L’ultima rilevazione di Only Numbers illustrata da Alessandra Ghisleri su La Stampa indica il Sì al referendum sulla riforma della giustizia in vantaggio di dieci punti sul No (38,9% contro 28,9%).
Credit © Mediaset

L’ultima rilevazione realizzata da Only Numbers e illustrata dalla sondaggista Alessandra Ghisleri sulle colonne de La Stampa offre indicazioni favorevoli al governo sulla riforma costituzionale della giustizia, che sarà sottoposta a referendum confermativo nella primavera del 2026. Secondo i dati diffusi, il fronte del Sì si attesta al 38,9 per cento, superando di dieci punti percentuali il No, fermo al 28,9 per cento. Si tratta di un distacco significativo che, proiettato ai soli voti validi ed escludendo quindi gli indecisi, porterebbe il divario a un più netto 57 per cento contro 43 per cento.

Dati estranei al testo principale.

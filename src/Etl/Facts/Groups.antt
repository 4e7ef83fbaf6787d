-- ===== src/Etl/Facts/Groups.antt =====
-- app/database/etl.py, `_build_movement_facts`: the grouped sums, the deletion and the insertion, read
-- as amounts at a key.
use inventory_logix_dashboar.Base.{
  ℕ, ◌+◌, ◌≡◌, refl, true, false, ◌||◌, List, [], ◌∷◌, ◌++◌, arith, if◌then◌else◌, any_of,
}
use inventory_logix_dashboar.Etl.Facts.{
  Key, Fact, same_key, merge, add_line, group, has_key, insert_facts,
}

-- The summed columns of a fact
pub data Column : Type 0 where
  in_qty out_qty in_value out_value : Column

abbrev pub column : Column → Fact → ℕ
column in_qty f = f.in_qty
column out_qty f = f.out_qty
column in_value f = f.in_value
column out_value f = f.out_value

-- The sum of a column over the rows with the key.
unfoldable pub amount : Column → Key → List Fact → ℕ
unfolding same_key
amount c k [] = 0
amount c k (f ∷ facts) = (if same_key f.key k then column c f else 0) + amount c k facts

same_key_trans : (a b k : Key) → same_key a b ≡ true → same_key a k ≡ same_key b k
unfolding same_key
same_key_trans a b k h = ground arith

same_key_sym : (a b : Key) → same_key a b ≡ same_key b a
unfolding same_key
same_key_sym a b = ground arith

column-merge : (c : Column) (l f : Fact) → column c (merge l f) ≡ column c l + column c f
unfolding merge
column-merge in_qty l f = refl
column-merge out_qty l f = refl
column-merge in_value l f = refl
column-merge out_value l f = refl

key-merge : (l f : Fact) → (merge l f).key ≡ f.key
unfolding merge
key-merge l f = refl

amount-add_line :
    (c : Column) (k : Key) (l : Fact) (facts : List Fact)
    → amount c k (add_line l facts) ≡ amount c k (l ∷ facts)
unfolding amount add_line
amount-add_line c k l [] = refl
amount-add_line c k l (f ∷ facts) = ground (
  arith,
  column-merge c l f,
  key-merge l f,
  same_key_trans l.key f.key k,
  amount-add_line c k l facts,
)

pub amount-group :
    (c : Column) (k : Key) (lines : List Fact) → amount c k (group lines) ≡ amount c k lines
unfolding group amount
amount-group c k [] = refl
amount-group c k (l ∷ lines) =
    omega (arith, amount-add_line c k l (group lines), amount-group c k lines)

pub amount-append :
    (c : Column) (k : Key) (xs ys : List Fact)
    → amount c k (xs ++ ys) ≡ amount c k xs + amount c k ys
unfolding amount
amount-append c k [] ys = omega arith
amount-append c k (x ∷ xs) ys = omega (arith, amount-append c k xs ys)

has_key-append :
    (k : Key) (xs : List Fact) (f : Fact)
    → has_key k (xs ++ f ∷ []) ≡ (has_key k xs || same_key k f.key)
unfolding has_key any_of
has_key-append k [] f = ground arith
has_key-append k (x ∷ xs) f = ground (arith, has_key-append k xs f)

has_key-add_line :
    (k : Key) (l : Fact) (facts : List Fact)
    → has_key k (add_line l facts) ≡ (same_key k l.key || has_key k facts)
unfolding has_key any_of add_line
has_key-add_line k l [] = refl
has_key-add_line k l (f ∷ facts) = ground (
  arith,
  key-merge l f,
  same_key_trans l.key f.key k,
  same_key_sym l.key k,
  same_key_sym f.key k,
  has_key-add_line k l facts,
)

-- No two rows share a key.
abbrev pub HasUniqueKeys : List Fact → Type 0
HasUniqueKeys [] = Unit
HasUniqueKeys (f ∷ facts) = (has_key f.key facts ≡ false) × HasUniqueKeys facts

has_key_nil : (k : Key) → has_key k [] ≡ false
unfolding has_key any_of
has_key_nil k = refl

add_line-HasUniqueKeys :
    (l : Fact) (facts : List Fact) → HasUniqueKeys facts → HasUniqueKeys (add_line l facts)
unfolding add_line
add_line-HasUniqueKeys l [] h = (has_key_nil l.key, tt)
add_line-HasUniqueKeys l (f ∷ facts) h = ground (
  arith,
  key-merge l f,
  has_key-add_line f.key l facts,
  same_key_sym l.key f.key,
  add_line-HasUniqueKeys l facts h.1,
)

pub group-HasUniqueKeys : (lines : List Fact) → HasUniqueKeys (group lines)
unfolding group
group-HasUniqueKeys [] = tt
group-HasUniqueKeys (l ∷ lines) = add_line-HasUniqueKeys l (group lines) (group-HasUniqueKeys lines)

-- Rows with keys of their own, none of which is in the table
abbrev pub AreFresh : List Fact → List Fact → Type 0
AreFresh [] table = Unit
AreFresh (f ∷ facts) table = (has_key f.key table ≡ false) × AreFresh facts table

AreFresh-append :
    (facts table : List Fact) (f : Fact)
    → AreFresh facts table
    → has_key f.key facts ≡ false
    → AreFresh facts (table ++ f ∷ [])
unfolding has_key any_of
AreFresh-append [] table f h n = tt
AreFresh-append (g ∷ facts) table f h n = ground (
  arith,
  has_key-append g.key table f,
  same_key_sym f.key g.key,
  AreFresh-append facts table f h.1,
)

-- An insertion without conflicts adds the rows' amounts.
pub amount-insert_facts :
    (c : Column) (k : Key) (facts table : List Fact)
    → HasUniqueKeys facts
    → AreFresh facts table
    → amount c k (insert_facts facts table) ≡ amount c k table + amount c k facts
unfolding insert_facts amount
amount-insert_facts c k [] table u h = omega arith
amount-insert_facts c k (f ∷ facts) table u h = rw h.0 (
    omega (
      arith,
      amount-insert_facts c k facts (table ++ f ∷ []) u.1 (AreFresh-append facts table f h.1 u.0),
      amount-append c k table (f ∷ []),
    ))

La riforma, approvata definitivamente dal Senato il 30 ottobre 2025 con 112 voti favorevoli, 59 contrari e 9 astensioni, introduce la separazione delle carriere tra magistratura giudicante e requirente, modificando gli articoli 87, 102, 104, 105, 106, 107 e 110 della Costituzione. Tra le principali novità figurano l’istituzione di due Consigli Superiori distinti per giudici e pubblici ministeri, concorsi di accesso separati sin dall’ingresso in magistratura e una nuova Alta Corte disciplinare. L’obiettivo dichiarato dal governo è garantire una netta distinzione di percorsi professionali tra chi giudica e chi esercita l’azione penale, rafforzando la terzietà del giudice.

Il referendum, che secondo il ministro della Giustizia Carlo Nordio si terrà tra marzo e aprile 2026, presenta una caratteristica fondamentale rispetto ai referendum abrogativi: non richiede il raggiungimento del quorum. Trattandosi di un referendum confermativo su una legge costituzionale, sarà sufficiente la maggioranza dei voti validamente espressi, indipendentemente dall’affluenza alle urne. Questa peculiarità lo differenzia dai referendum abrogativi, dove è necessaria la partecipazione di almeno il 50 per cento più uno degli aventi diritto, come stabilito dall’articolo 75 della Costituzione.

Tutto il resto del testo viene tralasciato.